**Exercise**
Report back each line of the data that contains the word "lookup".

**Input records**
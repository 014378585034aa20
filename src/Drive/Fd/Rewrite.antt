-- ===== src/Drive/Fd/Rewrite.antt =====
-- Writing on after a `Flush` that committed full blocks: the block index goes on, and the commit
-- counts from 0.
use proton_utils.Drive.XAttr.{RevisionXAttr}
use proton_utils.Drive.Fd.Stream.{contents}
use proton_utils.Drive.Fd.Completion.{Completes}
use proton_utils.Drive.Fd.Waits.{outcome}
use proton_utils.Drive.Fd.Manifests.{upload_each, manifest_of}
use proton_utils.Drive.Fd.Session.{write_all, concat_all, written}
use proton_utils.Base.{
  sym, List, Bool, Option, ◌++◌, append-nil, inl, ℕ, suc, ◌+◌, ◌-◌, ◌<◌, ◌≡◌, refl, ap, ◌∙◌, true,
  false, not, ◌&&◌, none, some, [], ◌∷◌, length, take, drop, take_of_length-le, drop_of_length-le,
  ◌==◌, if◌then◌else◌, Bytes, lookup, insert, size, nat_eq, Result, ok, err, ◌>>=◌, arith,
}
use proton_utils.Drive.Fd.State.{
  Upload, UpdateRevisionReq, new_write_fd, Fd, FdError, missing_block, is_write, UploadedBlock,
  Remote,
}
use proton_utils.Drive.Fd.Write.{chunk_size, put_chunk, write_loop, write}
use proton_utils.Drive.Fd.Flush.{flush-is_write, flush_commits}
use proton_utils.Drive.Fd.Failures.{IsClean}
use proton_utils.Drive.Fd.Commit.{
  no_blocks, gather, send_manifest, submit_partial, encrypt_and_upload_block, record_result,
  complete, complete_all, wait, accept, commit_revision_from_tokens, decide_commit, after_commit,
  flush,
}

module _ (size' : ℕ) where
  put_chunk-short :
      (q : Bytes) (fd : Fd)
      → fd.cur_block ≡ []
      → length q < size'
      → put_chunk size' q fd ≡ record fd { cur_block = q; file_size = fd.file_size + length q }
  unfolding put_chunk
  put_chunk-short q fd e h = ground arith

  chunk_size-short : (n : ℕ) (c : Bytes) → c ≡ [] → n < size' → chunk_size (size' - length c) n ≡ n
  unfolding chunk_size
  chunk_size-short n c e h = ground arith

  write_loop-short :
      (b : ℕ) (p : Bytes) (fd : Fd)
      → fd.cur_block ≡ []
      → suc (length p) < size'
      → write_loop size' (suc (length p)) (b ∷ p) fd 0
        ≡ some (
          record fd { cur_block = b ∷ p; file_size = fd.file_size + suc (length p) },
          suc (length p),
        )
  unfolding write_loop
  write_loop-short b p fd e h =
      let q = b ∷ p in
      let n = suc (length p) in
      let placed =
        ap (λ l. put_chunk size' l fd) (take_of_length-le n q (omega arith))
        ∙ put_chunk-short q fd e h in
      let counted : 0 + n ≡ n = omega arith in
      ap (λ k. write_loop size' (length p) (drop k q) (put_chunk size' (take k q) fd) (0 + k))
        (chunk_size-short n fd.cur_block e h)
      ∙ ap (λ l. write_loop size' (length p) l (put_chunk size' (take n q) fd) (0 + n))
          (drop_of_length-le n q (omega arith))
      ∙ (λ i. some (placed i, counted i))

  write-short :
      (q : Bytes) (fd : Fd)
      → fd.closed ≡ false
      → is_write fd.mode ≡ true
      → fd.cur_block ≡ []
      → 0 < length q
      → length q < size'
      → write size' q fd
        ≡ some (record fd { cur_block = q; file_size = fd.file_size + length q }, ok (length q))
  unfolding write
  write-short [] fd c m e p h = absurd (omega arith)
  write-short (b ∷ q) fd c m e p h = simp (c, m, write_loop-short b q fd e h)

-- the wait for a single upload that succeeds
wait_one :
    (r : Remote) (fd : Fd) (i : ℕ) (q : Bytes) (ub : UploadedBlock)
    → encrypt_and_upload_block r fd (i + 1) q ≡ ok ub
    → fd.tokens ≡ []
    → wait r ((i, q) ∷ []) fd ≡ record fd { inflight = []; tokens = (i, ub) ∷ [] }
unfolding wait complete_all complete encrypt_and_upload_block record_result insert
wait_one r fd i q ub u t =
    ap (λ x. record_result r i x (record fd { inflight = [] })) u
    ∙ (λ j. record fd { inflight = []; tokens = insert i ub (t j) })

submit_partial-gap :
    (fd : Fd) (q : Bytes) (i : ℕ)
    → 0 < length q
    → fd.inflight ≡ []
    → fd.cur_idx ≡ i
    → submit_partial (record fd { cur_block = q })
      ≡ record fd { inflight = (i, q) ∷ []; cur_block = [] }
unfolding submit_partial
submit_partial-gap fd q i p n x = ground arith

gather_gap :
    (i : ℕ) (ub : UploadedBlock)
    → 0 < i
    → gather 1 0 ((i, ub) ∷ []) no_blocks ≡ err (missing_block 0)
unfolding gather lookup
gather_gap i ub p = ground arith

commit_gap :
    (r : Remote) (fd : Fd) (i : ℕ) (ub : UploadedBlock)
    → 0 < i
    → fd.tokens ≡ (i, ub) ∷ []
    → commit_revision_from_tokens r true fd ≡ (fd, err (missing_block 0))
unfolding commit_revision_from_tokens accept size
commit_gap r fd i ub p t =
    ap
      (λ k.
        if size k == 0 && false
        then (fd, ok tt)
        else accept r fd (gather (size k) 0 k no_blocks >>= send_manifest r fd))
      t
    ∙ ap (λ g. accept r fd (g >>= send_manifest r fd)) (gather_gap i ub p)

decide_commit_gap :
    (r : Remote) (fd : Fd) (i : ℕ) (ub : UploadedBlock)
    → 0 < i
    → fd.tokens ≡ (i, ub) ∷ []
    → decide_commit r true fd none ≡ (fd, err (missing_block 0))
unfolding decide_commit after_commit
decide_commit_gap r fd i ub p t =
    let due : (size fd.tokens == 0 && false && not (fd.is_new && not fd.committed)) ≡ false =
      ground arith in
    rw due (rw (commit_gap r fd i ub p t) refl)

-- With nothing buffered, in flight or uploaded and an index that is not 0, a short `Write` and a
-- `Flush` leave the server as it was.
flush-write_clean :
    (r : Remote) (size' : ℕ) (fd : Fd) (q : Bytes) (i : ℕ) (ub : UploadedBlock)
    → IsClean fd
    → fd.closed ≡ false
    → is_write fd.mode ≡ true
    → fd.cur_idx ≡ i
    → 0 < i
    → 0 < length q
    → length q < size'
    → encrypt_and_upload_block r fd (i + 1) q ≡ ok ub
    → (fd' : Fd) × (write size' q fd ≡ some (fd', ok (length q)))
      × ((flush r ((i, q) ∷ []) fd').1 ≡ err (missing_block 0))
      × ((flush r ((i, q) ∷ []) fd').0.accepted ≡ fd.accepted)
unfolding encrypt_and_upload_block
flush-write_clean r size' fd q i ub clean c m x o p h u =
    let fd' : Fd = record fd { cur_block = q; file_size = fd.file_size + length q } in
    let sent : Fd = record fd {
      inflight = (i, q) ∷ [];
      cur_block = [];
      file_size = fd.file_size + length q;
    } in
    let submits : submit_partial fd' ≡ sent = submit_partial-gap fd' q i p clean.no_inflight x in
    let after : Fd = record sent { inflight = []; tokens = (i, ub) ∷ [] } in
    let waits : wait r ((i, q) ∷ []) (submit_partial fd') ≡ after =
      ap (wait r ((i, q) ∷ [])) submits ∙ wait_one r sent (i) q ub u clean.no_tokens in
    let has_cur : not (length q == 0) ≡ true = ground arith in
    let ends : flush r ((i, q) ∷ []) fd' ≡ (after, err (missing_block 0)) =
      flush-is_write r ((i, q) ∷ []) fd' m
      ∙ ap (λ (f : Fd). decide_commit r (not (length q == 0)) f f.first_err) waits
      ∙ ap (decide_commit r (not (length q == 0)) after) clean.no_error
      ∙ ap (λ b. decide_commit r b after none) has_cur
      ∙ decide_commit_gap r after i ub o refl in
    (
      fd',
      write-short size' q fd c m clean.no_partial p h,
      ap (λ (y : Fd × Result FdError (Unit {0})). y.1) ends,
      ap (λ (y : Fd × Result FdError (Unit {0})). y.0.accepted) ends,
    )

contents-pos : (us : List Upload) → 0 < length (contents us) → 0 < length us
contents-pos [] h = absurd (omega arith)
contents-pos (u ∷ us) h = omega arith

-- Any writes to a new descriptor that fill whole blocks, at least one, are flushed: the uploads, in
-- any order, and the request succeed. Then a `Write` of less than a block succeeds, and the `Flush`
-- after it, though its upload succeeds, fails with a missing block 0; the server has accepted the
-- first request only.
pub flush-write_gap :
    (r : Remote) (size' : ℕ) (is_new : Bool) (revision code : Bytes) (prior : Option RevisionXAttr)
    (ps : List Bytes) (fd : Fd) (order : List Upload) (ubs : List UploadedBlock)
    (req : UpdateRevisionReq) (q : Bytes) (ub : UploadedBlock)
    → write_all size' ps (new_write_fd is_new revision code prior) ≡ some fd
    → fd.cur_block ≡ []
    → 0 < length (concat_all ps)
    → Completes (submit_partial fd).inflight order
    → upload_each (outcome r fd) (submit_partial fd).inflight ≡ ok ubs
    → send_manifest r fd (manifest_of ubs) ≡ ok req
    → 0 < length q
    → length q < size'
    → encrypt_and_upload_block r fd (fd.cur_idx + 1) q ≡ ok ub
    → (fd₁ fd₂ : Fd) × (flush r order fd ≡ (fd₁, ok tt))
      × (write size' q fd₁ ≡ some (fd₂, ok (length q)))
      × ((flush r ((fd.cur_idx, q) ∷ []) fd₂).1 ≡ err (missing_block 0))
      × ((flush r ((fd.cur_idx, q) ∷ []) fd₂).0.accepted ≡ req ∷ [])
unfolding new_write_fd encrypt_and_upload_block
flush-write_gap r size' is_new revision code prior ps fd order ubs req q ub h e some_data c u s p
      short v =
    let positive : 0 < size' = omega arith in
    let a = written size' positive is_new revision code prior ps fd h in
    let done =
      flush_commits r size' fd order positive a.stream (ap (λ (f : Fd). is_write f.mode) a.same)
        (ap (λ (f : Fd). f.tokens) a.same) (ap (λ (f : Fd). f.first_err) a.same) c u s
        (inl some_data) in
    let fd₁ : Fd = record fd {
      inflight = [];
      cur_block = [];
      tokens = [];
      first_err = none;
      committed = true;
      accepted = fd.accepted ++ req ∷ [];
      invalidations = fd.invalidations + 1;
    } in
    let clean : IsClean fd₁ = record {
      no_partial = refl;
      no_inflight = refl;
      no_tokens = refl;
      no_error = refl;
      settled = ground arith;
    } in
    let whole : contents fd.inflight ≡ concat_all ps =
      sym (append-nil (contents fd.inflight))
      ∙ (ap (λ x. contents fd.inflight ++ x) (sym e) ∙ a.stream.joined) in
    let some_blocks : 0 < length fd.inflight =
      contents-pos fd.inflight (omega (arith, ap length whole)) in
    let (fd₂, writes, fails, kept) =
      flush-write_clean r size' fd₁ q fd.cur_idx ub clean (ap (λ (f : Fd). f.closed) a.same)
        (ap (λ (f : Fd). is_write f.mode) a.same) refl (omega (arith, a.stream.idx)) p short v in
    (fd₁, fd₂, done, writes, fails, kept ∙ ap (λ (f : Fd). f.accepted ++ req ∷ []) a.same)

**Answer area**
  ◌==◌, if◌then◌else◌, Bytes, lookup, insert, size, nat_eq, Result, ok, err, ◌>>=◌, arith,
unfolding gather lookup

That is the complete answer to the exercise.